## Input for this task
____

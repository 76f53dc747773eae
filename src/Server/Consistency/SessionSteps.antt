-- ===== src/Server/Consistency/SessionSteps.antt =====
-- The session of a client and its end, server/handler.go, as to the indexes.
use net_cat.Base.{Bytes, codes, ℕ, Bool, true, false, ◌≡◌, refl, ◌∙◌, inl, inr, Bool-cases, arith}
use net_cat.Client.{Client, close, set_echo_mode, set_disconnect_reason}
use net_cat.Server.{Server, Now, on_client}
use net_cat.Server.Rooms.{admit_from_room_queue, delete_room_if_empty}
use net_cat.Server.Clients.{remove_client, untrack_client}
use net_cat.Server.Session.{
  Phase, naming, choosing, chatting, gone, answering, waiting, joining, register_client_name,
  ReadError, eof, other,
}
use net_cat.Server.Session.Steps.{
  prepare_client_session, enter_session, cleanup_connection, end_session, after_line, on_line,
  log_onboarding_error, handle_session_read_error, on_read_error, on_join,
}
use net_cat.Server.Index.{index, IsConsistent}
use net_cat.Server.Index.Keep.{
  on_client-index, log_to-index, prompt_to-index, delete_room_if_empty-index,
}
use net_cat.Server.Index.Keep.Queues.{admit_from_room_queue-index, remove_from_room_queue-index}
use net_cat.Server.Course.{is_expelled}
use net_cat.Server.Consistency.{kept}
use net_cat.Server.Consistency.Travel.{
  announce_leave-index, announce_join-index, send_history-index, join_room-IsConsistent,
}
use net_cat.Server.Consistency.Moderate.{remove_client-IsConsistent, close-index}
use net_cat.Server.Consistency.Sessions.{serve_line-IsConsistent, set_last_input-index}
use net_cat.Server.Consistency.Connections.{
  name_checked-IsConsistent, abandon-IsConsistent, untrack_client-index, Fits,
  read_room_choice-IsConsistent, answer_queue-IsConsistent,
}

pub prepare_client_session-index :
    (now : Now) (c : ℕ) (s : Server) → index (prepare_client_session now c s) ≡ index s
unfolding prepare_client_session
prepare_client_session-index now c s =
    set_last_input-index now c _
    ∙ announce_join-index now _ _ _
    ∙ prompt_to-index now c _
    ∙ unfold set_echo_mode in
      on_client-index c (set_echo_mode true) _ refl refl ∙ send_history-index c _ s

enter_session-IsConsistent :
    (now : Now) (c : ℕ) (room : Bytes) (s : Server)
    → IsConsistent (index s)
    → Fits (joining room) c (index s)
    → IsConsistent (index (enter_session now c room s).1)
unfolding enter_session
enter_session-IsConsistent now c room s v (held, ne) =
    kept _ _ (prepare_client_session-index now c _)
      (join_room-IsConsistent c room s v (unfold index in held) ne)

-- What a session does at its end after its leave message, if there is one.
ended-index :
    (c : ℕ) (room : Bytes) (s : Server)
    → index (
        untrack_client c
          (on_client c close (delete_room_if_empty room (admit_from_room_queue room s))))
      ≡ index s
ended-index c room s =
    untrack_client-index c _
    ∙ close-index c _
    ∙ delete_room_if_empty-index room _
    ∙ admit_from_room_queue-index room s

-- After an expulsion the end of the session leaves the indexes as they are.
pub end_session-expelled :
    (now : Now) (c : ℕ) (s : Server)
    → is_expelled (s.heap c).disconnect_reason ≡ true
    → index (end_session now c s).1 ≡ index s
unfolding end_session cleanup_connection
end_session-expelled now c s e =
    rw (e, end_session, cleanup_connection) (ended-index c (s.heap c).room s)

-- The end of a session, whatever its reason.
end_session-IsConsistent :
    (now : Now) (c : ℕ) (s : Server)
    → IsConsistent (index s)
    → IsConsistent (index (end_session now c s).1)
unfolding end_session cleanup_connection
end_session-IsConsistent now c s v = elim (Bool-cases (is_expelled (s.heap c).disconnect_reason)) [
  | inl e ↦ kept s _ (end_session-expelled now c s e) v
  | inr e ↦
      rw (e, end_session, cleanup_connection)
        (kept (remove_client (s.heap c).username s) _
          (ended-index c (s.heap c).room _ ∙ announce_leave-index now _ _ _ _)
          (remove_client-IsConsistent (s.heap c).username s v))
]

after_line-IsConsistent :
    (now : Now) (c : ℕ) (r : Bool × Server)
    → IsConsistent (index r.1)
    → IsConsistent (index (after_line now c r).1)
unfolding after_line
after_line-IsConsistent now c (true, s) v = end_session-IsConsistent now c s v
after_line-IsConsistent now c (false, s) v = v

-- Whatever line a connection reads, in whatever phase, consistent indexes stay consistent, if the
-- client is registered, or not yet, as its phase says.
pub on_line-IsConsistent :
    (now : Now) (c : ℕ) (p : Phase) (line : Bytes) (s : Server)
    → IsConsistent (index s)
    → Fits p c (index s)
    → IsConsistent (index (on_line now c p line s).1)
unfolding on_line register_client_name
on_line-IsConsistent now c naming line s v fits = name_checked-IsConsistent now c s v line _ fits
on_line-IsConsistent now c choosing line s v fits = read_room_choice-IsConsistent c line s v
on_line-IsConsistent now c chatting line s v fits =
    after_line-IsConsistent now c _ (serve_line-IsConsistent now c line s v (unfold index in fits))
on_line-IsConsistent now c (answering room id) line s v fits =
    answer_queue-IsConsistent c room id line s v
on_line-IsConsistent now c (waiting room id) line s v fits = v
on_line-IsConsistent now c (joining room) line s v fits = v
on_line-IsConsistent now c gone line s v fits = v

log_onboarding_error-index :
    (now : Now) (c : ℕ) (e : ReadError) (s : Server)
    → index (log_onboarding_error now c e s) ≡ index s
unfolding log_onboarding_error
log_onboarding_error-index now c eof s = refl
log_onboarding_error-index now c (other text) s = log_to-index _ s

dropped :
    (c : ℕ) (s : Server) → index (on_client c (set_disconnect_reason (codes "drop")) s) ≡ index s
unfolding set_disconnect_reason
dropped c s =
    on_client-index c (set_disconnect_reason (codes "drop")) s (same_username _) (same_room _)
  where
    same_username : (d : Client) → (set_disconnect_reason (codes "drop") d).username ≡ d.username
    same_username d = ground arith

    same_room : (d : Client) → (set_disconnect_reason (codes "drop") d).room ≡ d.room
    same_room d = ground arith

pub handle_session_read_error-index :
    (now : Now) (c : ℕ) (e : ReadError) (s : Server)
    → index (handle_session_read_error now c e s) ≡ index s
unfolding handle_session_read_error
handle_session_read_error-index now c eof s = dropped c s
handle_session_read_error-index now c (other text) s = log_to-index _ _ ∙ dropped c s

-- A read that fails, in whatever phase, leaves consistent indexes consistent.
pub on_read_error-IsConsistent :
    (now : Now) (c : ℕ) (p : Phase) (e : ReadError) (s : Server)
    → IsConsistent (index s)
    → IsConsistent (index (on_read_error now c p e s).1)
unfolding on_read_error
on_read_error-IsConsistent now c naming e s v =
    kept s _ (untrack_client-index c _ ∙ close-index c _ ∙ log_onboarding_error-index now c e s) v
on_read_error-IsConsistent now c choosing e s v = abandon-IsConsistent c s v
on_read_error-IsConsistent now c (answering room id) e s v =
    abandon-IsConsistent c _ (kept s _ (remove_from_room_queue-index room id s) v)
on_read_error-IsConsistent now c (waiting room id) e s v =
    abandon-IsConsistent c _ (kept s _ (remove_from_room_queue-index room id s) v)
on_read_error-IsConsistent now c (joining room) e s v = v
on_read_error-IsConsistent now c chatting e s v =
    end_session-IsConsistent now c _ (kept s _ (handle_session_read_error-index now c e s) v)
on_read_error-IsConsistent now c gone e s v = v

-- Joining the room that was chosen leaves consistent indexes consistent, if the client is
-- registered, as its phase says.
pub on_join-IsConsistent :
    (now : Now) (c : ℕ) (p : Phase) (s : Server)
    → IsConsistent (index s)
    → Fits p c (index s)
    → IsConsistent (index (on_join now c p s).1)
unfolding on_join
on_join-IsConsistent now c (joining room) s v fits = enter_session-IsConsistent now c room s v fits
on_join-IsConsistent now c naming s v fits = v
on_join-IsConsistent now c choosing s v fits = v
on_join-IsConsistent now c chatting s v fits = v
on_join-IsConsistent now c gone s v fits = v
on_join-IsConsistent now c (answering room id) s v fits = v
on_join-IsConsistent now c (waiting room id) s v fits = v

____

## What is required
Return each line of the preceding material in which "arith" can be found.

## Solution
use net_cat.Base.{Bytes, codes, ℕ, Bool, true, false, ◌≡◌, refl, ◌∙◌, inl, inr, Bool-cases, arith}
    same_username d = ground arith
    same_room d = ground arith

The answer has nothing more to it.